Exercise description: Word for word, restate the lines from the one holding "verify_chain_integrity_and_get_event crypto l" through the end of the data below, including both endpoints and nothing more.

Extracted records:
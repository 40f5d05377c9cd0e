-- ===== src/Processing/Event.antt =====
-- lib/evidence-processing-service.js with lib/internal-ledger-verifier.js: the event of a stored
-- item, as the verifier sees it.
use tanden_trust_audit_poc.Base.{
  ℕ, ◌+◌, String, true, false, Option, none, some, List, [], ◌∷◌, ◌++◌, ok, ◌≡◌, refl, ◌∙◌, arith,
  ap, str_eq, eq_iff, eq_refl, is_empty, is_sha256_hex, Bool-cases, inl, inr, length,
}
use tanden_trust_audit_poc.Json.{Json, Fields, str, obj, get_field}
use tanden_trust_audit_poc.Platform.{Crypto}
use tanden_trust_audit_poc.Ledger.Row.{Row, HashInput, hash_object, compute_row_hash}
use tanden_trust_audit_poc.Ledger.Verify.{valid}
use tanden_trust_audit_poc.Ledger.Table.{Table, IsLawful}
use tanden_trust_audit_poc.Ledger.Logger.{
  EventRow, AppendRequest, Pool, chained_input, awaited, append_event,
}
use tanden_trust_audit_poc.Ledger.Readers.{
  assert_valid_event_id, find_event, verify_chain_integrity_and_get_event,
}
use tanden_trust_audit_poc.Ledger.Append.{IsIntact}
use tanden_trust_audit_poc.Ledger.Results.{append_event_verified, Appends, append_event-Appends}
use tanden_trust_audit_poc.Ledger.Appended.{AddsRow, append_event-AddsRow}
use tanden_trust_audit_poc.Signing.Provider.{Signed, SigningProvider}
use tanden_trust_audit_poc.Store.Table.{VersionTable}
use tanden_trust_audit_poc.Store.Methods.{Stored}
use tanden_trust_audit_poc.Anchor.InternalLedger.{
  confirmed, member, check_event, verify_recorded_evidence,
}
use tanden_trust_audit_poc.Processing.Accounted.{same_text, same_value}
use tanden_trust_audit_poc.Processing.Service.{
  Validation, Surroundings, create_ledger_request, ledger_payload_fields,
  evidence_stored_event_type,
}

-- A UUID is not empty.
pub uuid-not_empty : (s : String) → assert_valid_event_id s ≡ ok tt → is_empty s ≡ false
uuid-not_empty s h = elim (Bool-cases (is_empty s)) [
  | inl empty ↦ absurd (refused (rw ((eq_iff s "").0 empty) at h))
  | inr filled ↦ filled
]
  where
    refused : assert_valid_event_id "" ≡ ok tt → ⊥
    refused k = unfold assert_valid_event_id in cc k

-- An event that is not among the rows is found behind them.
pub find_event-snoc :
    (event_id : String) (rows : List Row) (row : Row)
    → find_event event_id rows ≡ none
    → row.event_id ≡ event_id
    → find_event event_id (rows ++ row ∷ []) ≡ some row
unfolding find_event
find_event-snoc event_id [] row fresh named = rw ((eq_iff row.event_id event_id).1 named) refl
find_event-snoc event_id (r ∷ rows) row fresh named =
    elim (Bool-cases (str_eq r.event_id event_id)) [
      | inl same ↦ absurd (ground arith)
      | inr differs ↦ rw differs (find_event-snoc event_id rows row (ground arith) named)
    ]

pub compute_row_hash-is_sha256_hex :
    (crypto : Crypto) (input : HashInput) (row_hash : String)
    → ((text : crypto.CanonicalText) → is_sha256_hex (crypto.sha256_hex text) ≡ true)
    → compute_row_hash crypto input ≡ ok row_hash
    → is_sha256_hex row_hash ≡ true
compute_row_hash-is_sha256_hex crypto input row_hash sha h =
    go (crypto.canonicalize (hash_object input)) refl
  where
    go :
        (m : Option crypto.CanonicalText)
        → crypto.canonicalize (hash_object input) ≡ m
        → is_sha256_hex row_hash ≡ true
    go none eq = absurd (unfold compute_row_hash in ground arith)
    go (some text) eq =
        let same : crypto.sha256_hex text ≡ row_hash = unfold compute_row_hash in ground arith in
        rw (← same) (sha text)

-- The members of a stored object that are texts are read back.
pub record KeepsTexts (l : Table) : Type 0 where
  pub member_lem :
      (fs : Fields) (key text : String)
      → get_field key fs ≡ some (str text)
      → member (l.stored (obj fs)) key ≡ some (str text)

-- The checks of the verifier on an event of the right type and members.
pub check_event-confirmed :
    (evidence_id digest_hex : String) (row : Row)
    → row.event_type ≡ evidence_stored_event_type
    → member row.payload "evidenceId" ≡ some (str evidence_id)
    → member row.payload "digestHex" ≡ some (str digest_hex)
    → is_sha256_hex row.row_hash ≡ true
    → check_event evidence_id digest_hex row ≡ confirmed row.event_id row.row_hash
check_event-confirmed evidence_id digest_hex row typed id digest hashed =
    unfold check_event in
    rw (typed, id, digest, eq_refl evidence_id, eq_refl digest_hex, hashed) refl

module _ (number_text : ℕ → String) (crypto : Crypto) (l : Table) (t : VersionTable)
    (p : SigningProvider) (validate : Json → Validation) where
  -- The event of a stored item is confirmed once it is appended.
  pub appended-confirmed :
      (x : Surroundings number_text crypto l t p validate) (signed : Signed) (stored : Stored)
      (pool pool' : Pool l.State) (row : EventRow) (laws : IsLawful crypto l)
      → IsIntact crypto l laws pool.table
      → assert_valid_event_id x.event_id ≡ ok tt
      → find_event x.event_id (l.select_rows pool.table) ≡ none
      → KeepsTexts l
      → ((text : crypto.CanonicalText) → is_sha256_hex (crypto.sha256_hex text) ≡ true)
      → is_empty stored.evidence_id ≡ false
      → is_sha256_hex signed.digest_hex ≡ true
      → append_event crypto l x.faults x.event_id
          (create_ledger_request number_text signed stored)
          pool
        ≡ (ok row, pool')
      → verify_recorded_evidence crypto l none pool' x.event_id stored.evidence_id signed.digest_hex
        ≡ ok (confirmed x.event_id row.row_hash)
  appended-confirmed x signed stored pool pool' row laws intact uuid fresh keeps sha id digest h =
      unfold verify_recorded_evidence in
      rw (uuid-not_empty x.event_id uuid, id, digest, snapshot)
        (ap ok (
          check_event-confirmed stored.evidence_id signed.digest_hex adds.row typed
            (member_text "evidenceId" stored.evidence_id (unfold get_field in refl))
            (member_text "digestHex" signed.digest_hex (unfold get_field in refl)) hashed
          ∙ names))
    where
      request : AppendRequest
      request = create_ledger_request number_text signed stored

      adds : AddsRow crypto l request x.event_id pool.table pool'.table row
      adds = append_event-AddsRow crypto l x.faults x.event_id request pool pool' row laws h

      done : Appends crypto l x.event_id request pool pool' row
      done = append_event-Appends crypto l x.faults x.event_id request pool pool' row h

      typed : adds.row.event_type ≡ evidence_stored_event_type
      typed = same_text adds.typed

      same_payload :
          adds.row.payload ≡ l.stored (obj (ledger_payload_fields number_text signed stored))
      same_payload = adds.stored ∙ ap l.stored (same_value adds.given)

      member_text :
          (key text : String)
          → get_field key (ledger_payload_fields number_text signed stored) ≡ some (str text)
          → member adds.row.payload key ≡ some (str text)
      member_text key text found =
          rw same_payload
            (keeps.member_lem (ledger_payload_fields number_text signed stored) key text found)

      hashed : is_sha256_hex adds.row.row_hash ≡ true
      hashed = rw (← adds.answer_hash) (
          compute_row_hash-is_sha256_hex crypto
            (chained_input crypto l done.checked x.event_id pool.table) row.row_hash sha
            done.inserts.hashed)

      names : confirmed adds.row.event_id adds.row.row_hash ≡ confirmed x.event_id row.row_hash
      names = cc (adds.named, adds.answer_hash)

      found : find_event x.event_id (l.select_rows pool'.table) ≡ some adds.row
      found =
          rw adds.added
            (find_event-snoc x.event_id (l.select_rows pool.table) adds.row fresh adds.named)

      snapshot :
          verify_chain_integrity_and_get_event crypto l none x.event_id pool'
          ≡ ok (record {
            integrity = valid (length (l.select_rows pool.table) + 1) row.row_hash;
            event = some adds.row;
          })
      snapshot =
          unfold verify_chain_integrity_and_get_event awaited in
          rw
            (
              uuid,
              append_event_verified crypto l x.faults x.event_id request pool pool' row laws tt
                  intact h,
              found,
            )
            refl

Result of the exercise:
          verify_chain_integrity_and_get_event crypto l none x.event_id pool'
          ≡ ok (record {
            integrity = valid (length (l.select_rows pool.table) + 1) row.row_hash;
            event = some adds.row;
          })
      snapshot =
          unfold verify_chain_integrity_and_get_event awaited in
          rw
            (
              uuid,
              append_event_verified crypto l x.faults x.event_id request pool pool' row laws tt
                  intact h,
              found,
            )
            refl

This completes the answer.